*** Opening Records provided ***
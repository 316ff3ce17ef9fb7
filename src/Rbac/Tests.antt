-- ===== src/Rbac/Tests.antt =====
-- Rules of roles, and the theorems at them.
use web_ui.Base.{
  ◌≡◌, ◌≢◌, Option, arith, ℕ, suc, subst, true, Bool, length, All, refl, false, none, some, List,
  [], ◌∷◌, if◌then◌else◌,
}
use web_ui.Base.Text.{Text, codes, same_text, split, split_from, join}
use web_ui.Rbac.Rule.{
  all_verbs, api_verbs, Rule, new_rule, or_none, load_names, load_rule, get_resource, verb_selected,
  is_verb_selected, resource_selected, is_resource_selected, verbs_to_toggle, toggle_verb,
  resources_to_toggle, toggle_resource, to_rule, set_non_resource_url, set_api_groups_text,
  put_rule,
}
use web_ui.Rbac.Bindings.{
  Subject, Binding, no_subject, flatten, binding_kind, binding_type, row_key_of,
}
use web_ui.Rbac.BindingForm.{
  FormData, BindingForm, with_kind, with_name, subject_or_empty, get_subject, set_subject, set_kind,
  save, type_error, refused, replace_subject,
}
use web_ui.Rbac.Requests.{IsSent, save-IsSent, request_of}
use web_ui.Rbac.Subjects.{subject_after, IsShown, row_total, flatten_lem, get_subject-set_subject}
use web_ui.Rbac.Selected.{is_verb_selected-toggle_verb}
use web_ui.Rbac.Saved.{kept, to_rule-load_rule}

rules : Unit {0}
unfolding api_verbs new_rule load_names load_rule get_resource verb_selected is_verb_selected
    resource_selected is_resource_selected verbs_to_toggle toggle_verb resources_to_toggle
    toggle_resource to_rule set_non_resource_url set_api_groups_text put_rule
rules = tt

abbrev known : List Text
known = codes "pods" ∷ codes "nodes" ∷ []

abbrev a_rule : Rule
a_rule = record {
  verbs = codes "get" ∷ codes "impersonate" ∷ [];
  resources = some (codes "nodes" ∷ codes "users" ∷ []);
  api_groups = some (codes "apps" ∷ codes "batch" ∷ []);
  non_resource_urls = none;
}

saved_again :
    ((to_rule [] known (load_rule a_rule)).verbs ≡ codes "get" ∷ [])
    × ((to_rule [] known (load_rule a_rule)).api_groups ≡ some (codes "apps" ∷ codes " batch" ∷ []))
    × ((to_rule (codes "nodes" ∷ []) known new_rule).resources ≡ some (codes "pods" ∷ []))
unfolding rules same_text split split_from join
saved_again = (refl, refl, refl)

put_again : put_rule (some 1) a_rule (a_rule ∷ []) ≡ some (a_rule ∷ a_rule ∷ [])
unfolding rules
put_again = refl

is_verb_selected-toggle_verb_example :
    is_verb_selected (toggle_verb (codes "get") false new_rule) (codes "list") ≡ (
      if same_text (codes "list") (codes "get")
      then false
      else is_verb_selected new_rule (codes "list"))
unfolding rules same_text
is_verb_selected-toggle_verb_example =
    is_verb_selected-toggle_verb new_rule (codes "get") (codes "list") false refl

to_rule-load_rule_example :
    ((to_rule [] known (load_rule a_rule)).verbs ≡ kept all_verbs a_rule.verbs)
    × ((to_rule [] known (load_rule a_rule)).resources
        ≡ some (kept known (or_none a_rule.resources)))
to_rule-load_rule_example = to_rule-load_rule [] known a_rule

bindings : Unit {0}
unfolding flatten row_key_of web_ui.Store.Lists.get_qn binding_kind binding_type
    web_ui.Base.Text.starts_with same_text get_subject set_subject set_kind save
bindings = tt

abbrev ann : Subject
ann = record {
  api_group = codes "rbac.authorization.k8s.io";
  kind = codes "User";
  name = codes "ann";
  namespace = [];
}

abbrev robot : Subject
robot = record {
  api_group = [];
  kind = codes "ServiceAccount";
  name = codes "robot";
  namespace = codes "web";
}

abbrev editors : Binding
editors = record {
  name = codes "editors";
  namespace = codes "web";
  role_name = codes "edit";
  subjects = ann ∷ robot ∷ [];
}

abbrev nobody : Binding
nobody = record {
  name = codes "nobody";
  namespace = [];
  role_name = codes "system:none";
  subjects = [];
}

abbrev cluster_data : List (List (Option Binding))
cluster_data = (some editors ∷ none ∷ []) ∷ (some nobody ∷ []) ∷ []

binding_rows :
    flatten cluster_data
    ≡ record {
      binding = editors;
      subject = ann;
      subject_index = some 0;
      row_key = some (codes "(web)-editors|User|ann");
    }
      ∷ record {
        binding = editors;
        subject = robot;
        subject_index = some 1;
        row_key = some (codes "(web)-editors|ServiceAccount|robot");
      }
      ∷ record { binding = nobody; subject = no_subject; subject_index = none; row_key = none }
      ∷ []
unfolding bindings
binding_rows = refl

binding_types :
    (binding_type (some editors) ≡ some (codes "namespace"))
    × (binding_type (some nobody) ≡ some (codes "system"))
    × (binding_kind nobody ≡ codes "ClusterRoleBinding")
unfolding bindings
binding_types = (refl, refl, refl)

flatten_lem_example :
    All IsShown (flatten cluster_data) × length (flatten cluster_data) ≡ row_total cluster_data
flatten_lem_example = flatten_lem cluster_data

abbrev form_of_editors : FormData
form_of_editors = record {
  kind = codes "RoleBinding";
  name = codes "editors";
  namespace = codes "web";
  role_kind = codes "Role";
  role_name = codes "edit";
  subjects = some ann ∷ some robot ∷ [];
}

-- Another kind of subject drops the namespace.
robot_as_user :
    get_subject 1 (set_subject 1 (with_kind (codes "User")) form_of_editors)
    ≡ some record {
      api_group = codes "rbac.authorization.k8s.io";
      kind = codes "User";
      name = codes "robot";
      namespace = [];
    }
unfolding bindings
robot_as_user = refl

cluster_wide : ((set_kind (codes "ClusterRoleBinding") form_of_editors).namespace) ≡ []
unfolding bindings
cluster_wide = refl

one≢zero : ◌≢◌ {A = ℕ} 1 0
one≢zero e = absurd (omega (arith, e))

get_subject-set_subject_example :
    (get_subject 1 (set_subject 1 (with_name (codes "bot")) form_of_editors)
      ≡ some (
          subject_after
            (with_name (codes "bot"))
            (subject_or_empty (get_subject 1 form_of_editors))))
    × (get_subject 0 (set_subject 1 (with_name (codes "bot")) form_of_editors)
        ≡ get_subject 0 form_of_editors)
get_subject-set_subject_example =
    get_subject-set_subject 1 0 (with_name (codes "bot")) form_of_editors one≢zero

abbrev binding_form : BindingForm
binding_form = record { form_data = form_of_editors; in_progress = false; error = none }

beyond_the_end : save false 5 binding_form ≡ type_error
unfolding bindings
beyond_the_end = refl

robot_sent : request_of (save false 1 binding_form) ≡ some (replace_subject 1 robot)
unfolding bindings
robot_sent = refl

save-IsSent_example :
    IsSent false 1 binding_form (get_subject 1 form_of_editors) (replace_subject 1 robot)
save-IsSent_example = save-IsSent false 1 binding_form (replace_subject 1 robot) robot_sent

abbrev unnamed_form : BindingForm
unnamed_form = record {
  form_data = record {
    kind = codes "RoleBinding";
    name = [];
    namespace = codes "web";
    role_kind = codes "Role";
    role_name = codes "edit";
    subjects = some ann ∷ [];
  };
  in_progress = false;
  error = none;
}

unnamed_refused : save true 0 unnamed_form ≡ refused unnamed_form
unfolding bindings
unnamed_refused = refl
*** Closing Records provided ***
**What is expected:** Copy the lines above exactly, beginning at the line that has "get_subject-set_subject 1 0" and stopping after the line that has "binding_form = record", and omit the rest.

**Reply:**
    get_subject-set_subject 1 0 (with_name (codes "bot")) form_of_editors one≢zero

abbrev binding_form : BindingForm
binding_form = record { form_data = form_of_editors; in_progress = false; error = none }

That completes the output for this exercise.